One night, Jody drains a young man dying of AIDS. His body crumbles to dust, revealing that a vampire's kill does not leave a corpse. She realizes the old vampire has been breaking his victims' necks before draining them, deliberately leaving evidence to frame her and Tommy. Racing home near dawn, she is pulled through a basement window by unseen hands just before sunlight reaches the street.

Tommy is frantic: Another body has appeared outside the loft with his copy of Jack Kerouac's On the Road planted beneath it. When Jody returns, she explains the vampire's strategy. Tommy's carelessness worsens matters when the Animals come to the loft for a party, raiding the freezer and potentially entering the bedroom where Jody sleeps during the day. Furious, she storms out.

The old vampire confronts Jody at a nightclub, telling her it is almost over and she must abandon Tommy because he knows vampires exist. She chases him but he escapes. Later, a medical student named Steve identifies Jody as a real vampire using infrared technology and tells her gene therapy might reverse her condition.

Inspectors Rivera and Cavuto of the SFPD homicide division are also closing in. All victims share the same profile: broken necks, massive blood loss, no visible wounds, and each was terminally ill. The detectives link Tommy to the crime scenes through his fingerprints on the planted copy of On the Road.

Tommy makes a fateful decision. Wanting to keep a date with Mara, a new Safeway cashier, he places the sleeping Jody in the chest freezer. Police arrest Tommy at the loft, and their search reveals two bodies in the freezer. In interrogation, Tommy tells the whole truth about the vampire, which sounds like an insanity defense. Meanwhile, Jody wakes in the morgue and calls Simon at the Safeway. Simon picks her up armed with a gun, reveals he has AIDS, and demands she turn him into a vampire. When he threatens to shoot, Jody strikes him, accidentally snapping his neck. Simon's death while Tommy is in custody forces the detectives to release him.

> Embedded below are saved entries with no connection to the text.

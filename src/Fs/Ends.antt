-- ===== src/Fs/Ends.antt =====
-- Termination of the loops of `fs_read` and `fs_write` in kern/fs/fs.c.
use astral_os.Common.{
  ℕ, suc, ◌+◌, ◌-◌, ◌/◌, ◌%◌, ◌^◌, ◌≤◌, ◌<◌, ◌≡◌, ◌⊎◌, inl, inr, arith, Bool-cases, Option, ltb,
  add64,
}
use astral_os.Fs.Store.{Fs, fs_block_size}
use astral_os.Fs.Data.{Run, finished, rounds, block_idx, block_offset, bytes_to_copy}

-- The next block of a file is reached at the end of one: without a wrap, since an index below 10 is not
-- that of the last block that a `uint64_t` can reach.
next_index :
    (x : ℕ)
    → x % 2 ^ 64 / 4096 % 2 ^ 32 < 10
    → (x + (4096 - x % 2 ^ 64 % 4096)) % 2 ^ 64 / 4096 % 2 ^ 32 ≡ x % 2 ^ 64 / 4096 % 2 ^ 32 + 1
next_index x h = omega arith

-- Whether the loop ends with the fuel, `done` bytes of `count` on.
abbrev pub Enough : (fuel offset count done : ℕ) → Type 0
Enough fuel offset count done =
    (1 ≤ fuel) × (count ≤ done ⊎ 11 ≤ fuel + block_idx (add64 offset done))

pub Enough-round :
    (fuel offset count done : ℕ)
    → Enough (suc fuel) offset count done
    → done < count
    → block_idx (add64 offset done) < 10
    → Enough fuel offset count (done + bytes_to_copy (add64 offset done) (count - done))
Enough-round fuel offset count done (_, inl over) lt low = absurd (omega arith)
Enough-round fuel offset count done (_, inr many) lt low =
    let p = add64 offset done in
    elim (Bool-cases (ltb (count - done) (fs_block_size - block_offset p))) [
      | inl few ↦ rw few (omega arith, inl (omega arith))
      | inr full ↦
          let next = next_index (offset + done) low in
          rw full (omega arith, inr (omega (arith, next)))
    ]

-- A run that did not use up its fuel.
pub Enough-rounds : (offset count : ℕ) → Enough rounds offset count 0
Enough-rounds offset count = (omega arith, inr (omega arith))

module _ {S : Type 0} where
  abbrev pub Ended : Run S → Type 0
  Ended r = (result : Option ℕ) × (after : S) × (r ≡ finished result after)
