-- ===== src/Fs/Free.antt =====
-- kern/fs/fs.c: freeing what was just allocated.
use astral_os.Common.{
  ℕ, suc, ◌+◌, ◌-◌, ◌/◌, ◌%◌, ◌^◌, ◌<◌, ◌≡◌, ◌≢◌, inl, inr, refl, sym, subst, arith, true, false,
  Bool-cases, Option-cases, some, ltb, ◌==◌, ==_ne, Bytes, add32,
}
use astral_os.Fs.Store.{Env, Fs}
use astral_os.Fs.Bitmap.{
  test_bit, set_bit, clear_bit, first_clear, take_inode, allocate_inode, free_inode,
}
use astral_os.Fs.Alloc.{set_bit_self, Finds, first_found}

clear_bit-set_bit :
    (bitmap : Bytes) (k j : ℕ)
    → test_bit bitmap k ≡ false
    → clear_bit (set_bit bitmap k) k j ≡ bitmap j
clear_bit-set_bit bitmap k j clear =
    let was_set : test_bit (set_bit bitmap k) k ≡ true = set_bit_self bitmap k clear in
    elim (Bool-cases (j == k / 8)) [
      | inl here ↦
          let undo : bitmap j + 2 ^ (k % 8) - 2 ^ (k % 8) ≡ bitmap j = omega arith in
          rw (here, was_set, clear) undo
      | inr other ↦ rw other refl
    ]

module _ {e : Env} (s : Fs e) where
  freed_bitmap :
      (k j : ℕ)
      → s.current_superblock.total_inodes < 2 ^ 32
      → Finds s.inode_bitmap 0 s.current_superblock.total_inodes (some k)
      → (free_inode (take_inode s k).1 (take_inode s k).0).inode_bitmap j ≡ s.inode_bitmap j
  unfolding free_inode
  freed_bitmap k j small (_, lt, clear, _) =
      let total = s.current_superblock.total_inodes in
      let id : add32 k 1 ≡ suc k = omega arith in
      let real : (suc k == 0) ≡ false = ==_ne (suc k) 0 (λ e. absurd (omega arith)) in
      let known : ltb total (suc k) ≡ false = ground arith in
      let index : suc k - 1 ≡ k = omega arith in
      rw (id, real, known, index) (clear_bit-set_bit s.inode_bitmap k j clear)

  -- Freeing the inode that `allocate_inode` returned, if it returned one, gives the bitmap back as it was,
  -- when the count of inodes is a `uint32_t`.
  pub free_inode-allocate_inode :
      s.current_superblock.total_inodes < 2 ^ 32
      → (allocate_inode s).0 ≢ 0
      → (j : ℕ)
      → (free_inode (allocate_inode s).1 (allocate_inode s).0).inode_bitmap j ≡ s.inode_bitmap j
  unfolding allocate_inode
  free_inode-allocate_inode small got j =
      let total = s.current_superblock.total_inodes in
      elim (Option-cases (first_clear s.inode_bitmap 0 total)) [
        | inl none_left ↦
            let nothing : (allocate_inode s).0 ≡ 0 = rw (none_left, allocate_inode) refl in
            absurd (got nothing)
        | inr (k, found) ↦
            let taken : allocate_inode s ≡ take_inode s k = rw (found, allocate_inode) refl in
            subst (λ r. (free_inode r.1 r.0).inode_bitmap j ≡ s.inode_bitmap j) (sym taken)
              (freed_bitmap k j small (first_found s.inode_bitmap total (some k) found))
      ]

Tommy and Jody reconcile at the loft. She tells him the old vampire, Elijah Ben Sapir, an 800-year-old former alchemist, intends to kill Tommy. Tommy rallies the Animals for a counterattack. The Emperor, who has spotted the vampire's yacht, the Sanguine II, moored in the harbor, leads the assault. They board the automated vessel, discover a prison cell used to store captives, and locate the vampire's sealed stainless-steel vault beneath the engine room. Drew, one of the Animals, constructs a bomb from household materials. The group loads stolen artwork into a raft, lights the fuse, and evacuates. The yacht explodes.

The vampire survives by escaping through a pinhole in the vault as mist and swimming to shore. Burned and naked, he attacks the group on the dock. Cavuto shoots him twice without stopping him. The Animals pin him with spearguns, and Tommy raises a sword for the killing blow. Jody arrives, having commandeered Rivera's car, and throws herself over the vampire's body. She explains that all his victims were terminally ill, including Simon. She feeds the vampire her blood to stabilize him, orders the cops to walk away, and tells Tommy she loves him but needs someone like her.

At the loft, Jody and the old vampire spend the remaining hours before dawn together. The next day, Tommy takes both sleeping vampires to a foundry below the loft and has them sealed in bronze through electroplating. He drills small ear holes near Jody's head and talks to her statue, telling her the Animals fenced the stolen art for over $100,000, the cops closed the cases, and he loves her.

Steve calls to say he can reverse the vampire condition. As Tommy holds the phone, vapor streams from the ear holes in Jody's bronze shell and coalesces into her solid form. She reveals she never intended to leave: She pretended to side with the old vampire to learn his secrets, including how to transform into mist. She tells Tommy they will be together for a very long time, implying she plans to turn him. Tommy mentions Steve's cure. Jody tells him to hang up the phone and kisses him. The novel ends with Jody choosing the vampire life with Tommy over a return to humanity.

In closing scenes, the Emperor resumes his patrols with Bummer and Lazarus, while Cavuto and Rivera contemplate a stolen Degas bronze, discussing how its value might fund their retirements.